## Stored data
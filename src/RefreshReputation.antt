-- ===== src/RefreshReputation.antt =====
-- pallets/refresh-reputation/src/lib.rs: pathfinders refresh the reputations of users against a fee,
-- and others challenge them by uploading the paths of trust. The storage stands beside the ledger
-- `T` of the tokens and the world `W` of the pallets of reputation, trust and seeds.
pub mod Uploads
pub mod Calls
pub mod Payrolls
pub mod Billing
pub mod Scores
pub mod Sweeping
pub mod Funds
pub mod Backing
pub mod Runs
mod Tests
mod Uploaded
use zero_dao_node.Base.{
  ℕ, ◌+◌, Bool, not, ◌&&◌, true, false, Option, none, some, List, [], ◌∷◌, length, ltb, leb, ◌==◌,
  if◌then◌else◌, u32, u128, checked_add, checked_sub, saturating_add, saturating_mul, wrapping_add,
}
use zero_dao_node.Base.StorageMap
use zero_dao_node.Base.StorageMap.{StorageMap}
use zero_dao_node.Base.DoubleMap
use zero_dao_node.Base.DoubleMap.{DoubleMap}
use zero_dao_node.Dispatch.{
  Result, ok, err, ◌>>=◌, ◌>>◌, ensure, ok_or, DispatchError, RefreshError,
}
use zero_dao_node.External.{Perbill}
use zero_dao_node.Primitives.{TirStep}
use zero_dao_node.Support.{MultiBaseToken, Reputation, TrustBase, SeedsBase, ChallengeBase}

-- `APP_ID`, the bytes of "repu    " as a number; `MAX_NODE_COUNT`; `MAX_REFRESH`
abbrev pub app_id : ℕ
app_id = 8_243_118_341_324_021_792

abbrev pub max_node_count : ℕ
max_node_count = 5

abbrev pub max_refresh : ℕ
max_refresh = 500

pub record Record : Type 0 where
  pub update_at : ℕ
  pub fee : ℕ

-- The earnings record of a pathfinder.
pub record Payroll : Type 0 where
  pub count : ℕ
  pub total_fee : ℕ
  pub update_at : ℕ

abbrev pub default_payroll : Payroll
default_payroll = record { count = 0; total_fee = 0; update_at = 0 }

-- `Path`: the nodes between the seed and the target, and the score that the seed gives.
pub record SeedPath : Type 0 where
  pub nodes : List ℕ
  pub score : ℕ

abbrev pub default_path : SeedPath
default_path = record { nodes = []; score = 0 }

unfoldable pub check_nodes_leng : SeedPath → Bool
check_nodes_leng path = leb (wrapping_add u32 (length path.nodes) 2) max_node_count

unfoldable pub exclude_zero : SeedPath → Bool
exclude_zero path = check_nodes_leng path && not (path.score == 0)

pub data Event : Type 0 where
  reputation_refreshed : ℕ → ℕ → ℕ → Event
  started : ℕ → Event
  refreshed_harvested : ℕ → ℕ → Event
  refreshed_harvested_by_sweeper : ℕ → ℕ → ℕ → ℕ → Event
  challenge_harvested challenge arbitral path_updated : ℕ → ℕ → Event

-- `StartedAt` (`none` where it does not exist), `Payrolls`, `Records`, `Paths`, the events (the last
-- one first) and the current block.
pub record State (T W : Type 0) : Type 0 where
  pub started_at : Option ℕ
  pub payrolls : StorageMap Payroll
  pub records : DoubleMap Record
  pub paths : DoubleMap SeedPath
  pub events : List Event
  pub now : ℕ
  pub ledger : T
  pub world : W

pub record Config (T W : Type 0) : Type 0 where
  pub token : MultiBaseToken T
  pub reputation : Reputation W
  pub trust_base : TrustBase W
  pub seeds_base : SeedsBase W
  pub challenge_base : ChallengeBase (State T W)
  pub perbill : Perbill
  pub max_update_count : ℕ
  pub update_staking_amount : ℕ
  pub confirmation_period : ℕ
  pub ref_repu_tiome_out : ℕ

abbrev pub fails : RefreshError → DispatchError
fails = DispatchError.refresh

-- `ValueQuery`: a path that is not there is the default one.
abbrev pub path_or_default : Option SeedPath → SeedPath
path_or_default (some path) = path
path_or_default none = default_path

module _ {T W : Type 0} where
  abbrev pub deposit_event : Event → State T W → State T W
  deposit_event e s = record s { events = e ∷ s.events }

  abbrev pub get_payroll : ℕ → State T W → Payroll
  get_payroll who s = StorageMap.get_or default_payroll who s.payrolls

  -- `Paths::get`
  abbrev pub get_path : ℕ → ℕ → State T W → SeedPath
  get_path seed target s = path_or_default (DoubleMap.lookup seed target s.paths)

  abbrev pub contains_key : ℕ → ℕ → State T W → Bool
  contains_key seed target s = elim (DoubleMap.lookup seed target s.paths) [
    | none ↦ false
    | some path ↦ true
  ]

  -- `StartedAt::exists` and `StartedAt::get`
  abbrev pub is_started : State T W → Bool
  is_started s = elim s.started_at [ none ↦ false | some at ↦ true ]

  abbrev pub start_or_zero : State T W → ℕ
  start_or_zero s = elim s.started_at [ none ↦ 0 | some at ↦ at ]

  unfoldable pub mutate_payroll : ℕ → ℕ → ℕ → ℕ → State T W → Result (State T W)
  mutate_payroll pathfinder amount count now s = do
    let f = get_payroll pathfinder s
    total_fee ← ok_or (checked_add u128 f.total_fee amount) (fails RefreshError.overflow)
    count ← ok_or (checked_add u32 f.count count) (fails RefreshError.overflow)
    let updated : Payroll = record { count = count; total_fee = total_fee; update_at = now }
    ok (record s { payrolls = StorageMap.insert pathfinder updated s.payrolls })

  unfoldable pub mutate_record : ℕ → ℕ → ℕ → ℕ → State T W → State T W
  mutate_record pathfinder who fee now s = record s {
    records = DoubleMap.insert pathfinder who (record { update_at = now; fee = fee }) s.records;
  }

module _ {T W : Type 0} (cfg : Config T W) where
  open cfg use {
    token, reputation, trust_base, challenge_base, update_staking_amount, confirmation_period,
    ref_repu_tiome_out,
  }

  -- `Payroll::total_amount`: the stakes and the fees.
  unfoldable pub payroll_amount : Payroll → ℕ
  payroll_amount payroll =
      saturating_add u128 (saturating_mul u128 update_staking_amount payroll.count)
        payroll.total_fee

  unfoldable pub check_step : State T W → Result (Unit {0})
  check_step s =
      ensure (reputation.is_step TirStep.reputation s.world) (fails RefreshError.status_err)

  unfoldable pub next_step : State T W → State T W
  next_step s =
      let last = reputation.get_last_refresh_at s.world in
      let is_last_ref_timeout = ltb (wrapping_add u32 last confirmation_period) s.now in
      let is_cha_all_timeout = challenge_base.is_all_timeout app_id s.now s in
      if is_started s && is_last_ref_timeout && is_cha_all_timeout
      then record s {
        world = reputation.set_free (trust_base.remove_all_tmp s.world);
        started_at = none;
      }
      else s

  unfoldable pub share : ℕ → State T W → State T W × ℕ
  share user s =
      let (ledger, fee) = token.share user (trust_base.get_trust_old user s.world) s.ledger in
      (record s { ledger = ledger }, fee)

  unfoldable pub do_refresh : ℕ → ℕ × ℕ → ℕ → State T W → Result (State T W × ℕ)
  do_refresh pathfinder user_score update_at s = do
    world ← reputation.refresh_reputation user_score s.world
    let (shared, fee) = share user_score.0 (record s { world = world })
    ok (mutate_record pathfinder user_score.0 fee update_at shared, fee)

  unfoldable pub check_step_and_stared : State T W → Result (Unit {0})
  check_step_and_stared s = do
    check_step s
    ensure (is_started s) (fails RefreshError.not_yet_started)

  unfoldable pub check_step_and_not_stared : State T W → Result (Unit {0})
  check_step_and_not_stared s = do
    check_step s
    ensure (not (is_started s)) (fails RefreshError.already_started)

  unfoldable pub can_harvest : Payroll → ℕ → Result (Unit {0})
  can_harvest payroll now =
      ensure (ltb (wrapping_add u32 payroll.update_at confirmation_period) now)
        (fails RefreshError.excessive_bumber_of_seeds)

  unfoldable pub check_timeout : ℕ → State T W → Result (Unit {0})
  check_timeout now s =
      ensure (ltb now (wrapping_add u32 (start_or_zero s) ref_repu_tiome_out))
        (fails RefreshError.refresh_tiome_out)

## About this task
If a line falls between the first line of the records and the line containing "-- The earnings record of a pathfinder.", inclusive, repeat it exactly; leave out all others.

## Response box
filename src/RefreshReputation.antt
-- ===== src/RefreshReputation.antt =====
-- pallets/refresh-reputation/src/lib.rs: pathfinders refresh the reputations of users against a fee,
-- and others challenge them by uploading the paths of trust. The storage stands beside the ledger
-- `T` of the tokens and the world `W` of the pallets of reputation, trust and seeds.
pub mod Uploads
pub mod Calls
pub mod Payrolls
pub mod Billing
pub mod Scores
pub mod Sweeping
pub mod Funds
pub mod Backing
pub mod Runs
mod Tests
mod Uploaded
use zero_dao_node.Base.{
  ℕ, ◌+◌, Bool, not, ◌&&◌, true, false, Option, none, some, List, [], ◌∷◌, length, ltb, leb, ◌==◌,
  if◌then◌else◌, u32, u128, checked_add, checked_sub, saturating_add, saturating_mul, wrapping_add,
}
use zero_dao_node.Base.StorageMap
use zero_dao_node.Base.StorageMap.{StorageMap}
use zero_dao_node.Base.DoubleMap
use zero_dao_node.Base.DoubleMap.{DoubleMap}
use zero_dao_node.Dispatch.{
  Result, ok, err, ◌>>=◌, ◌>>◌, ensure, ok_or, DispatchError, RefreshError,
}
use zero_dao_node.External.{Perbill}
use zero_dao_node.Primitives.{TirStep}
use zero_dao_node.Support.{MultiBaseToken, Reputation, TrustBase, SeedsBase, ChallengeBase}

-- `APP_ID`, the bytes of "repu    " as a number; `MAX_NODE_COUNT`; `MAX_REFRESH`
abbrev pub app_id : ℕ
app_id = 8_243_118_341_324_021_792

abbrev pub max_node_count : ℕ
max_node_count = 5

abbrev pub max_refresh : ℕ
max_refresh = 500

pub record Record : Type 0 where
  pub update_at : ℕ
  pub fee : ℕ

-- The earnings record of a pathfinder.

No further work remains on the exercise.